Brilliant place to start with. I've had mine a year or so now. Paired it with a Eureka Mignon and it's brilliant. Other things to look at getting and give an improvement would be a vst basket and a lather diameter tamper to go with it.


----------



## NickdeBug

Should last you a long time.

as suggested above, find yourself a good grinder to pair with it. There is a well priced Mk1 Mignon lurking so ewhere on the for sale section. Can't quite tell as the photo loses resolution, but it looks like your Pact coffee is pre-ground for Aeropresse. Correct?

The biggest increase in quality that you will ever see in your coffee will be the day you start grinding your own with even a half decent grinder!


----------



## insatiableOne

Nothing like an improvement to feel better, starting the day.


----------



## owain

Daren said:


> Leaking steam wand?


No I just placed it there when I took the pic to show the bits and pieces


----------



## owain

NickdeBug said:


> Should last you a long time.
> 
> as suggested above, find yourself a good grinder to pair with it. There is a well priced Mk1 Mignon lurking so ewhere on the for sale section. Can't quite tell as the photo loses resolution, but it looks like your Pact coffee is pre-ground for Aeropresse.
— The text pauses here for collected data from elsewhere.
-- ===== src/Kernel/Proc/Family/Ends.antt =====
-- `exit` of proc.c as a whole: the status that it leaves, and the parent that it wakes.
use os_ass.Base.{
  ℕ, zero, suc, ◌+◌, ◌<◌, ◌≡◌, ◌≢◌, refl, sym, ap, ap₂, ◌∙◌, subst, false, Option, some, ◌==◌,
  if◌then◌else◌, update-each, nproc, arith, Bool-cases, ==_refl, ==→eq, inl, inr, ltb,
}
use mathlib.Core.Bool.{true≢false}
use os_ass.Base.Outcome.{Outcome, ok, panic}
use os_ass.Kernel.Proc.{
  sleeping, runnable, zombie, same_state, Chan, proc_at, Proc, Table, wakeup1, wake_body, is_slot,
  chan_of,
}
use os_ass.Kernel.Proc.Life.{FileOps, put_proc, orphan_body, orphan_loop, exit}
use os_ass.Kernel.Proc.Scan.{put_proc_self, put_proc-others, wakeup1_in, wakeup1_out}
use os_ass.Kernel.Proc.Family.{empty}
use os_ass.Kernel.Proc.Family.Exit.{
  Exited, left, orphaned, ended, exit-panic, exit-ended, ended-Exited,
}

-- What every wake-up and every new parent keeps, the loop over the children keeps.
module _ (P : Proc → Type 0) (wake : (c : Chan) (p : Proc) → P p → P (wake_body c p))
    (move : (o : Option ℕ) (p : Proc) → P p → P (record p { parent = o })) (k : ℕ) where
  wakeup1-keeps : (c : Chan) (t : Table) → P (t.procs k) → P ((wakeup1 c t).procs k)
  wakeup1-keeps c t h = elim (Bool-cases (ltb k nproc)) [
    | inl e ↦ subst P (sym (wakeup1_in c t k (ground (arith, e)))) (wake c (t.procs k) h)
    | inr e ↦ subst P (sym (wakeup1_out c t k (ground (arith, e)))) h
  ]

  orphan_body-keeps : (cur i : ℕ) (t : Table) → P (t.procs k) → P ((orphan_body cur i t).procs k)
  unfolding orphan_body
  orphan_body-keeps cur i t h = elim (Bool-cases (is_slot (t.procs i).parent cur)) [
    | inl e ↦
        subst (λ b. P ((if b then woken else t).procs k)) (sym e)
          (elim (Bool-cases (same_state (t.procs i).state zombie)) [
            | inl z ↦
                subst (λ b. P ((if b then wakeup1 (proc_at t.initproc) t1 else t1).procs k)) (sym z)
                  (wakeup1-keeps (proc_at t.initproc) t1 moved)
            | inr z ↦
                subst (λ b. P ((if b then wakeup1 (proc_at t.initproc) t1 else t1).procs k)) (sym z)
                  moved
          ])
    | inr e ↦ subst (λ b. P ((if b then woken else t).procs k)) (sym e) h
  ]
    where
      t1 : Table
      t1 = put_proc i (record (t.procs i) { parent = some t.initproc }) t

      woken : Table
      woken = if same_state (t.procs i).state zombie then wakeup1 (proc_at t.initproc) t1 else t1

      moved : P (t1.procs k)
      moved =
          update-each (λ m q. m ≡ k → P q) t.procs i
            (record (t.procs i) { parent = some t.initproc })
            (λ e. move (some t.initproc) (t.procs i) (subst (λ m. P (t.procs m)) (sym e) h))
            (λ m ne e. subst (λ n. P (t.procs n)) (sym e) h) k refl

  orphan_loop-keeps :
      (cur i n : ℕ) (t : Table) → P (t.procs k) → P ((orphan_loop cur i n t).procs k)
  unfolding orphan_loop
  orphan_loop-keeps cur i zero t h = h
  orphan_loop-keeps cur i (suc n) t h =
      orphan_loop-keeps cur (i + 1) n (orphan_body cur i t) (orphan_body-keeps cur i t h)

wake_body-asleep :
    (p : Proc) (j : ℕ)
    → p.state ≡ sleeping
    → p.chan ≡ proc_at j
    → (wake_body (proc_at j) p).state ≡ runnable
wake_body-asleep p j s c = ground (arith, s, c)

-- How `exit` may end.
pub data Exits (status cur : ℕ) (t : Table) {Files : Type 0}
    : Outcome (Table × Files) → Type 0 where
  panics : cur ≡ t.initproc → Exits status cur t (panic "init exiting")
  ends :
      {t' : Table} {fs' : Files}
      → cur ≢ t.initproc
      → Exited cur t t'
      → (t'.procs cur).exit_status ≡ status
      → ((j : ℕ)
          → j < nproc
          → cur ≢ j
          → (t.procs cur).parent ≡ some j
          → (t.procs j).state ≡ sleeping
          → (t.procs j).chan ≡ proc_at j
          → (t'.procs j).state ≡ runnable)
      → Exits status cur t (ok (t', fs'))

module _ {Files : Type 0} (ops : FileOps Files) (status cur : ℕ) (t : Table) (fs : Files) where
  ended-status : ((ended ops status cur t fs).procs cur).exit_status ≡ status
  unfolding ended orphaned left
  ended-status =
      ap (λ p. p.exit_status) (put_proc_self cur (record (o.procs cur) { state = zombie }) o)
      ∙ orphan_loop-keeps Left (λ c p h. ground (arith, h)) (λ o p h. h) cur cur 0 nproc
          (wakeup1 (chan_of (t.procs cur).parent) t1)
          (wakeup1-keeps Left (λ c p h. ground (arith, h)) (λ o p h. h) cur
            (chan_of (t.procs cur).parent) t1
            (ap (λ p. p.exit_status) (put_proc_self cur (left ops status cur t fs) t)))
    where
      Left : Proc → Type 0
      Left p = p.exit_status ≡ status

      o : Table
      o = orphaned ops status cur t fs

      t1 : Table
      t1 = put_proc cur (left ops status cur t fs) t

  ended-wakes :
      (j : ℕ)
      → j < nproc
      → cur ≢ j
      → (t.procs cur).parent ≡ some j
      → (t.procs j).state ≡ sleeping
      → (t.procs j).chan ≡ proc_at j
      → ((ended ops status cur t fs).procs j).state ≡ runnable
  unfolding ended orphaned
  ended-wakes j l ne e s c =
      ap (λ p. p.state) (put_proc-others cur (record (o.procs cur) { state = zombie }) o j ne)
      ∙ orphan_loop-keeps (λ p. p.state ≡ runnable) (λ d p h. ground (arith, h)) (λ d p h. h) j cur
          0 nproc (wakeup1 (chan_of (t.procs cur).parent) t1)
          (ap (λ p. p.state) (wakeup1_in (chan_of (t.procs cur).parent) t1 j l)
            ∙ ap₂ (λ d p. (wake_body (chan_of d) p).state) e
                (put_proc-others cur (left ops status cur t fs) t j ne)
            ∙ wake_body-asleep (t.procs j) j s c)
    where
      o : Table
      o = orphaned ops status cur t fs

      t1 : Table
      t1 = put_proc cur (left ops status cur t fs) t

-- `exit` panics for init. Any other process of the table it leaves as a zombie with the status and
-- the pid and parent that it had; its children have init for a parent; the other slots keep
-- pids and parents, and whether they are free and whether they may run. A parent that was asleep
-- on its own slot, as `waitpid` sleeps, becomes runnable.
pub exit_lem :
    {Files : Type 0} (ops : FileOps Files) (status cur : ℕ) (t : Table) (fs : Files)
    → cur < nproc
    → empty (t.procs cur).state ≡ false
    → Exits status cur t (exit ops status cur t fs)
exit_lem ops status cur t fs l e = elim (Bool-cases (cur == t.initproc)) [
  | inl s ↦
      subst (Exits status cur t) (sym (exit-panic ops status cur t fs s))
        (panics (==→eq cur t.initproc s))
  | inr s ↦ subst (Exits status cur t) (sym (exit-ended ops status cur t fs s)) (
      ends (λ d. true≢false (sym (==_refl cur) ∙ ap (λ i. cur == i) d ∙ s))
        (ended-Exited ops status cur t fs l e) (ended-status ops status cur t fs)
        (ended-wakes ops status cur t fs))
]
Correct?
> 
> The biggest increase in quality that you will ever see in your coffee will be the day you start grinding your own with even a half decent grinder!
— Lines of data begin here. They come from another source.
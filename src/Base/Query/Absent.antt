-- ===== src/Base/Query/Absent.antt =====
-- What a query gives when no row passes its test, or when all of them do.
use organization_ai.Base.{
  append-[], Bool, true, false, not, none, some, All, List, [], ◌∷◌, ◌++◌, ◌≡◌, refl, arith,
  Bool-cases, inl, inr,
}
use organization_ai.Base.Query.{select, find, any, find-append_none, select-append}

module _ {ℓ} {A : Type ℓ} where
  pub find-any : (test : A → Bool) (xs : List A) → any test xs ≡ false → find test xs ≡ none
  unfolding find any
  find-any test [] h = refl
  find-any test (x ∷ xs) h = ground (arith, find-any test xs)

  pub select-any : (test : A → Bool) (xs : List A) → any test xs ≡ false → select test xs ≡ []
  unfolding select any
  select-any test [] h = refl
  select-any test (x ∷ xs) h = ground (arith, select-any test xs)

  pub any-append :
      (test : A → Bool) (xs ys : List A)
      → any test (xs ++ ys) ≡ false
      → (any test xs ≡ false) × (any test ys ≡ false)
  unfolding any
  any-append test [] ys h = (refl, h)
  any-append test (x ∷ xs) ys h = ground (arith, any-append test xs ys)

  -- Where the test fails on the rows in front, the answer is that of the others.
  pub any-behind :
      (test : A → Bool) (xs ys : List A) → any test xs ≡ false → any test (xs ++ ys) ≡ any test ys
  unfolding any
  any-behind test [] ys h = refl
  any-behind test (x ∷ xs) ys h = ground (arith, any-behind test xs ys)

  pub select-behind :
      (test : A → Bool) (xs ys : List A)
      → any test xs ≡ false
      → select (λ x. not (test x)) (xs ++ ys) ≡ xs ++ select (λ x. not (test x)) ys
  unfolding select any
  select-behind test [] ys h = refl
  select-behind test (x ∷ xs) ys h = ground (arith, select-behind test xs ys)

  pub any-append_right :
      (test : A → Bool) (xs ys : List A) → any test ys ≡ true → any test (xs ++ ys) ≡ true
  unfolding any
  any-append_right test [] ys h = h
  any-append_right test (x ∷ xs) ys h = ground (arith, any-append_right test xs ys)

  -- Where one test fails on every row that another passes.
  pub any-weaken :
      (p q : A → Bool) (xs : List A)
      → ((x : A) → p x ≡ true → q x ≡ true)
      → any q xs ≡ false
      → any p xs ≡ false
  unfolding any
  any-weaken p q [] f h = refl
  any-weaken p q (x ∷ xs) f h = elim (Bool-cases (p x)) [
    | inl holds ↦ absurd (ground (arith, f x holds))
    | inr fails ↦ rw fails (any-weaken p q xs f (ground arith))
  ]

  pub any-strengthen :
      (p q : A → Bool) (xs : List A)
      → ((x : A) → p x ≡ true → q x ≡ true)
      → any p xs ≡ true
      → any q xs ≡ true
  any-strengthen p q xs f h = elim (Bool-cases (any q xs)) [
    | inl holds ↦ holds
    | inr fails ↦ absurd (cc (any-weaken p q xs f fails, h))
  ]

  pub select-All :
      (test : A → Bool) (xs : List A) → All (λ x. test x ≡ true) xs → select test xs ≡ xs
  unfolding select
  select-All test [] h = refl
  select-All test (x ∷ xs) h = rw (h.0, select-All test xs h.1) refl

  -- A query on a table to which rows are added.
  pub find-added :
      (test : A → Bool) (xs : List A) (y : A)
      → any test xs ≡ false
      → test y ≡ true
      → find test (xs ++ y ∷ []) ≡ some y
  unfolding find
  find-added test xs y none_before is_y =
      rw (find-append_none test xs (y ∷ []) (find-any test xs none_before), is_y) refl

  pub select-added :
      (test : A → Bool) (xs ys : List A)
      → any test xs ≡ false
      → All (λ y. test y ≡ true) ys
      → select test (xs ++ ys) ≡ ys
  select-added test xs ys none_before all_ys =
      rw (select-append test xs ys, select-any test xs none_before) (select-All test ys all_ys)

  -- Added rows that do not pass the test change no answer.
  pub find-untouched :
      (test : A → Bool) (xs ys : List A) → any test ys ≡ false → find test (xs ++ ys) ≡ find test xs
  unfolding find
  find-untouched test [] ys h = find-any test ys h
  find-untouched test (x ∷ xs) ys h = ground (arith, find-untouched test xs ys h)

  pub select-untouched :
      (test : A → Bool) (xs ys : List A)
      → any test ys ≡ false
      → select test (xs ++ ys) ≡ select test xs
  select-untouched test xs ys h =
      rw (select-append test xs ys, select-any test ys h) (append-[] (select test xs))
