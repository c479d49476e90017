-- ===== src/Domain/Control/Prefix.antt =====
-- The part of an event chain up to a number, which backend/app/application/control_deck.py replays for
-- a receipt.
use organization_ai.Base.{
  ℕ, ◌<◌, true, false, List, [], ◌∷◌, ◌++◌, All, All-map, All-append, append-[], leb, le→leb,
  leb→le, ◌≡◌, subst, sym, arith, Bool-cases, inl, inr,
}
use organization_ai.Base.Query.{select, select-append, All-select}
use organization_ai.Base.Query.Absent.{select-All}
use organization_ai.Base.Sort.{IsAscending}
use organization_ai.Domain.Enums.{DecisionOutcome}
use organization_ai.Domain.Control.Vocabulary.{StoredAuditEvent}
use organization_ai.Domain.Control.History.{sequence, IsSystem, History, received, recorded}

-- The events numbered up to `n`.
abbrev pub up_to : ℕ → List StoredAuditEvent → List StoredAuditEvent
up_to n = select (λ (e : StoredAuditEvent). leb e.sequence_number n)

IsAscending-up_to :
    (n : ℕ) (es : List StoredAuditEvent)
    → IsAscending sequence es
    → IsAscending sequence (up_to n es)
unfolding select
IsAscending-up_to n [] h = tt
IsAscending-up_to n (e ∷ es) h = elim (Bool-cases (leb e.sequence_number n)) [
  | inl holds ↦ rw (holds) (
    All-select (λ (x : StoredAuditEvent). e.sequence_number < x.sequence_number)
        (λ (x : StoredAuditEvent). leb x.sequence_number n) es h.0,
    IsAscending-up_to n es h.1,
  )
  | inr fails ↦ rw (fails) (IsAscending-up_to n es h.1)
]

-- Where the last event is kept, all before it are.
up_to-All :
    (n : ℕ) (es : List StoredAuditEvent) (e : StoredAuditEvent)
    → All (λ (x : StoredAuditEvent). x.sequence_number < e.sequence_number) es
    → leb e.sequence_number n ≡ true
    → up_to n (es ++ e ∷ []) ≡ es ++ e ∷ []
up_to-All n es e below kept =
    select-All (λ (x : StoredAuditEvent). leb x.sequence_number n) (es ++ e ∷ [])
      (All-append (λ (x : StoredAuditEvent). leb x.sequence_number n ≡ true) es (e ∷ [])
        (All-map es
          (λ (x : StoredAuditEvent) under.
            let bound = leb→le e.sequence_number n kept in le→leb x.sequence_number n (omega arith))
          below)
        (kept, tt))

up_to-before :
    (n : ℕ) (es : List StoredAuditEvent) (e : StoredAuditEvent)
    → leb e.sequence_number n ≡ false
    → up_to n (es ++ e ∷ []) ≡ up_to n es
unfolding select
up_to-before n es e left =
    rw (select-append (λ (x : StoredAuditEvent). leb x.sequence_number n) es (e ∷ []), left)
      (append-[] (up_to n es))

-- The part of a history up to a number is a history.
pub History-up_to :
    {o : DecisionOutcome} {es : List StoredAuditEvent} (n : ℕ)
    → History o es
    → History o (up_to n es)
History-up_to n (received es system ascending) =
    received (up_to n es)
      (All-select IsSystem (λ (x : StoredAuditEvent). leb x.sequence_number n) es system)
      (IsAscending-up_to n es ascending)
History-up_to {o} n (recorded {es} event c reason d planned h replays plans action above) =
    elim (Bool-cases (leb event.sequence_number n)) [
      | inl kept ↦
          subst (History o) (sym (up_to-All n es event above kept))
            (recorded event c reason d planned h replays plans action above)
      | inr left ↦ subst (History o) (sym (up_to-before n es event left)) (History-up_to n h)
    ]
Yes ?I bought the coffee for my aeropress before I had the machine for Christmas, I ran the aeropress grind through it to learn what to look for when I grind is too coarse, I popped out yesterday and bought some Beans from the supermarket to try out the hand grinder.
























Last shot is 27 seconds 17 grams of coffee from my Tiamo hand grinder


----------



## dancing james

i have loved silvia along with rocky. they are now retired and about to be sold on to a friend but have done 10-15 years of loyal service (have forgotten when i bought them now)


----------



## bigstevo

Looks really nice


----------



## Milanski

Not related to Mr. Glyndwr by any chance??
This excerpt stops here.